Work instructions: An accurate, complete copy of the records below is required.

Dataset records:
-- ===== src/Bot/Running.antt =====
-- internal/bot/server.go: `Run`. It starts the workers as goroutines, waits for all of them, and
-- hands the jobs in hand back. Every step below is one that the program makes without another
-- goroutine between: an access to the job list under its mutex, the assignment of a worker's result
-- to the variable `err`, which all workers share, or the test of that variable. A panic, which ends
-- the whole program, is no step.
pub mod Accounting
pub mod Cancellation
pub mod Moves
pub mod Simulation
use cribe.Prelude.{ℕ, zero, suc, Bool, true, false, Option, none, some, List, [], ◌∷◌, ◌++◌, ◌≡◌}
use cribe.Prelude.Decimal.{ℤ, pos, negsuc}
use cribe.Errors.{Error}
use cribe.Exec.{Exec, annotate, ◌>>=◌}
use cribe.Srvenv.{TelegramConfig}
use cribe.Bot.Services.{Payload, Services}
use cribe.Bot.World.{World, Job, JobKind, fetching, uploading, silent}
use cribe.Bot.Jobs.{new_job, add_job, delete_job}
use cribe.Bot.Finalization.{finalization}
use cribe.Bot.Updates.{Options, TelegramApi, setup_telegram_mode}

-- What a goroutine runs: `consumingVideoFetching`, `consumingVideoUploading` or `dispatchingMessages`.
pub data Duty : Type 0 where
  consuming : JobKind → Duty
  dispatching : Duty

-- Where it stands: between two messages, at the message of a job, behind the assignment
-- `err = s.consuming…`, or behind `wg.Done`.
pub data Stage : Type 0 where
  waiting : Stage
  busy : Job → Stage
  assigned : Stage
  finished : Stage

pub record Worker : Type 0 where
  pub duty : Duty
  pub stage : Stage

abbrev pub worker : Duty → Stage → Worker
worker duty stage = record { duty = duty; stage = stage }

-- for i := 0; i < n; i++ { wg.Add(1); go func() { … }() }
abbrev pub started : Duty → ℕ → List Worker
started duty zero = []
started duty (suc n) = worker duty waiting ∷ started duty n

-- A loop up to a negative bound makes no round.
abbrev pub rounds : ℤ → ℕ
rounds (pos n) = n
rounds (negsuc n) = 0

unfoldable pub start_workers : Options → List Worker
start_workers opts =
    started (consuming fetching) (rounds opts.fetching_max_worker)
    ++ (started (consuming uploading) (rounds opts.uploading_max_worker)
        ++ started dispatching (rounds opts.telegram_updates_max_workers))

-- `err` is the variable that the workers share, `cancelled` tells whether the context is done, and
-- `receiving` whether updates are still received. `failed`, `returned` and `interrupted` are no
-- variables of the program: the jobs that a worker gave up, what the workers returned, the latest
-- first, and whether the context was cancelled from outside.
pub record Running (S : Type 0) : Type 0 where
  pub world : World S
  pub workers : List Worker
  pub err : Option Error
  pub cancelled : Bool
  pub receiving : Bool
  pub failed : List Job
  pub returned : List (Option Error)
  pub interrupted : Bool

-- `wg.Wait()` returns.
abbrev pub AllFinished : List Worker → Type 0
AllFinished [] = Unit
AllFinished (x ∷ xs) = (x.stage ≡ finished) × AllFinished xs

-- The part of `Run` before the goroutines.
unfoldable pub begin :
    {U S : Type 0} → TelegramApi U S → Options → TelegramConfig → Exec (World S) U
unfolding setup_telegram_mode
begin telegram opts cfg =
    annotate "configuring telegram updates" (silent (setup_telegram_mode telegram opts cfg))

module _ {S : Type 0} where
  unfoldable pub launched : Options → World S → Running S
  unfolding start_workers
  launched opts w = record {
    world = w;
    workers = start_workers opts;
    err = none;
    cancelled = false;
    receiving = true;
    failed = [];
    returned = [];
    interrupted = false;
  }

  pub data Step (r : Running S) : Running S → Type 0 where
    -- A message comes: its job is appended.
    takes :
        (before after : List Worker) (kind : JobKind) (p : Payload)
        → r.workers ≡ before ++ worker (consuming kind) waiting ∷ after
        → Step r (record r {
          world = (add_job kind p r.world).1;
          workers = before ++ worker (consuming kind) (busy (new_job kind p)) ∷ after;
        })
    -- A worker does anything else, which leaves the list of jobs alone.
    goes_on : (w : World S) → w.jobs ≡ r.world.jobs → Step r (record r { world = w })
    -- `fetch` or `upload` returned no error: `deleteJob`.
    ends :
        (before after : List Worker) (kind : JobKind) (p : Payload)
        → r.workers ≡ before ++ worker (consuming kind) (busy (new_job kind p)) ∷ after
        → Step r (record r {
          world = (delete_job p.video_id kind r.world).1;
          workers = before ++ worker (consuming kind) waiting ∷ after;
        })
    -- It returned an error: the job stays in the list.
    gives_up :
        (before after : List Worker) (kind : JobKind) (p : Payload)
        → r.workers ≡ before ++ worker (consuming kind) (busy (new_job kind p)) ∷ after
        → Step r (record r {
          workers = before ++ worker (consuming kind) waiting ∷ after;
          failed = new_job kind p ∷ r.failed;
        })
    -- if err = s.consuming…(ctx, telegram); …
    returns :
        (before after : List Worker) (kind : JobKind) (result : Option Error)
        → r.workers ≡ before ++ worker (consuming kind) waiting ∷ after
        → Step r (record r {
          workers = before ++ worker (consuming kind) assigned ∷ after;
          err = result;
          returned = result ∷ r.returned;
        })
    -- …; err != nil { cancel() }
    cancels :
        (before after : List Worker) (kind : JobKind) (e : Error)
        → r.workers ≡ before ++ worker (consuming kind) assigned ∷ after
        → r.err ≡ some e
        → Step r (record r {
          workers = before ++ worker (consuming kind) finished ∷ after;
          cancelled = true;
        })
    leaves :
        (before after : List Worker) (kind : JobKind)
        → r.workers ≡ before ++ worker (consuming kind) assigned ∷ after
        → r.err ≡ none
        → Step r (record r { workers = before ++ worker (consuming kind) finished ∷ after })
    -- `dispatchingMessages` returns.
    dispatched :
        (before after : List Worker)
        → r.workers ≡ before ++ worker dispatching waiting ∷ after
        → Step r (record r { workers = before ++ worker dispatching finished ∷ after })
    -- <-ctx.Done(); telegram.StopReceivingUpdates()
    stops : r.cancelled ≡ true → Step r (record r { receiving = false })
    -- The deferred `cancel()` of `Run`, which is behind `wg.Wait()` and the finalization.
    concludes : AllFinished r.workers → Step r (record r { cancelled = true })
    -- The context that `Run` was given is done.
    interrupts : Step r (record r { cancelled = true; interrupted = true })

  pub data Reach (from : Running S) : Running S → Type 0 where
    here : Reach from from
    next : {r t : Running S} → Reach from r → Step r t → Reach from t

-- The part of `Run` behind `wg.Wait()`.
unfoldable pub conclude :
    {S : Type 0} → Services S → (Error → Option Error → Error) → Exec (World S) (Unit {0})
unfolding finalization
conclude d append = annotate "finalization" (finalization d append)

Solution to the problem:
-- ===== src/Bot/Running.antt =====
-- internal/bot/server.go: `Run`. It starts the workers as goroutines, waits for all of them, and
-- hands the jobs in hand back. Every step below is one that the program makes without another
-- goroutine between: an access to the job list under its mutex, the assignment of a worker's result
-- to the variable `err`, which all workers share, or the test of that variable. A panic, which ends
-- the whole program, is no step.
pub mod Accounting
pub mod Cancellation
pub mod Moves
pub mod Simulation
use cribe.Prelude.{ℕ, zero, suc, Bool, true, false, Option, none, some, List, [], ◌∷◌, ◌++◌, ◌≡◌}
use cribe.Prelude.Decimal.{ℤ, pos, negsuc}
use cribe.Errors.{Error}
use cribe.Exec.{Exec, annotate, ◌>>=◌}
use cribe.Srvenv.{TelegramConfig}
use cribe.Bot.Services.{Payload, Services}
use cribe.Bot.World.{World, Job, JobKind, fetching, uploading, silent}
use cribe.Bot.Jobs.{new_job, add_job, delete_job}
use cribe.Bot.Finalization.{finalization}
use cribe.Bot.Updates.{Options, TelegramApi, setup_telegram_mode}

-- What a goroutine runs: `consumingVideoFetching`, `consumingVideoUploading` or `dispatchingMessages`.
pub data Duty : Type 0 where
  consuming : JobKind → Duty
  dispatching : Duty

-- Where it stands: between two messages, at the message of a job, behind the assignment
-- `err = s.consuming…`, or behind `wg.Done`.
pub data Stage : Type 0 where
  waiting : Stage
  busy : Job → Stage
  assigned : Stage
  finished : Stage

pub record Worker : Type 0 where
  pub duty : Duty
  pub stage : Stage

abbrev pub worker : Duty → Stage → Worker
worker duty stage = record { duty = duty; stage = stage }

-- for i := 0; i < n; i++ { wg.Add(1); go func() { … }() }
abbrev pub started : Duty → ℕ → List Worker
started duty zero = []
started duty (suc n) = worker duty waiting ∷ started duty n

-- A loop up to a negative bound makes no round.
abbrev pub rounds : ℤ → ℕ
rounds (pos n) = n
rounds (negsuc n) = 0

unfoldable pub start_workers : Options → List Worker
start_workers opts =
    started (consuming fetching) (rounds opts.fetching_max_worker)
    ++ (started (consuming uploading) (rounds opts.uploading_max_worker)
        ++ started dispatching (rounds opts.telegram_updates_max_workers))

-- `err` is the variable that the workers share, `cancelled` tells whether the context is done, and
-- `receiving` whether updates are still received. `failed`, `returned` and `interrupted` are no
-- variables of the program: the jobs that a worker gave up, what the workers returned, the latest
-- first, and whether the context was cancelled from outside.
pub record Running (S : Type 0) : Type 0 where
  pub world : World S
  pub workers : List Worker
  pub err : Option Error
  pub cancelled : Bool
  pub receiving : Bool
  pub failed : List Job
  pub returned : List (Option Error)
  pub interrupted : Bool

-- `wg.Wait()` returns.
abbrev pub AllFinished : List Worker → Type 0
AllFinished [] = Unit
AllFinished (x ∷ xs) = (x.stage ≡ finished) × AllFinished xs

-- The part of `Run` before the goroutines.
unfoldable pub begin :
    {U S : Type 0} → TelegramApi U S → Options → TelegramConfig → Exec (World S) U
unfolding setup_telegram_mode
begin telegram opts cfg =
    annotate "configuring telegram updates" (silent (setup_telegram_mode telegram opts cfg))

module _ {S : Type 0} where
  unfoldable pub launched : Options → World S → Running S
  unfolding start_workers
  launched opts w = record {
    world = w;
    workers = start_workers opts;
    err = none;
    cancelled = false;
    receiving = true;
    failed = [];
    returned = [];
    interrupted = false;
  }

  pub data Step (r : Running S) : Running S → Type 0 where
    -- A message comes: its job is appended.
    takes :
        (before after : List Worker) (kind : JobKind) (p : Payload)
        → r.workers ≡ before ++ worker (consuming kind) waiting ∷ after
        → Step r (record r {
          world = (add_job kind p r.world).1;
          workers = before ++ worker (consuming kind) (busy (new_job kind p)) ∷ after;
        })
    -- A worker does anything else, which leaves the list of jobs alone.
    goes_on : (w : World S) → w.jobs ≡ r.world.jobs → Step r (record r { world = w })
    -- `fetch` or `upload` returned no error: `deleteJob`.
    ends :
        (before after : List Worker) (kind : JobKind) (p : Payload)
        → r.workers ≡ before ++ worker (consuming kind) (busy (new_job kind p)) ∷ after
        → Step r (record r {
          world = (delete_job p.video_id kind r.world).1;
          workers = before ++ worker (consuming kind) waiting ∷ after;
        })
    -- It returned an error: the job stays in the list.
    gives_up :
        (before after : List Worker) (kind : JobKind) (p : Payload)
        → r.workers ≡ before ++ worker (consuming kind) (busy (new_job kind p)) ∷ after
        → Step r (record r {
          workers = before ++ worker (consuming kind) waiting ∷ after;
          failed = new_job kind p ∷ r.failed;
        })
    -- if err = s.consuming…(ctx, telegram); …
    returns :
        (before after : List Worker) (kind : JobKind) (result : Option Error)
        → r.workers ≡ before ++ worker (consuming kind) waiting ∷ after
        → Step r (record r {
          workers = before ++ worker (consuming kind) assigned ∷ after;
          err = result;
          returned = result ∷ r.returned;
        })
    -- …; err != nil { cancel() }
    cancels :
        (before after : List Worker) (kind : JobKind) (e : Error)
        → r.workers ≡ before ++ worker (consuming kind) assigned ∷ after
        → r.err ≡ some e
        → Step r (record r {
          workers = before ++ worker (consuming kind) finished ∷ after;
          cancelled = true;
        })
    leaves :
        (before after : List Worker) (kind : JobKind)
        → r.workers ≡ before ++ worker (consuming kind) assigned ∷ after
        → r.err ≡ none
        → Step r (record r { workers = before ++ worker (consuming kind) finished ∷ after })
    -- `dispatchingMessages` returns.
    dispatched :
        (before after : List Worker)
        → r.workers ≡ before ++ worker dispatching waiting ∷ after
        → Step r (record r { workers = before ++ worker dispatching finished ∷ after })
    -- <-ctx.Done(); telegram.StopReceivingUpdates()
    stops : r.cancelled ≡ true → Step r (record r { receiving = false })
    -- The deferred `cancel()` of `Run`, which is behind `wg.Wait()` and the finalization.
    concludes : AllFinished r.workers → Step r (record r { cancelled = true })
    -- The context that `Run` was given is done.
    interrupts : Step r (record r { cancelled = true; interrupted = true })

  pub data Reach (from : Running S) : Running S → Type 0 where
    here : Reach from from
    next : {r t : Running S} → Reach from r → Step r t → Reach from t

-- The part of `Run` behind `wg.Wait()`.
unfoldable pub conclude :
    {S : Type 0} → Services S → (Error → Option Error → Error) → Exec (World S) (Unit {0})
unfolding finalization
conclude d append = annotate "finalization" (finalization d append)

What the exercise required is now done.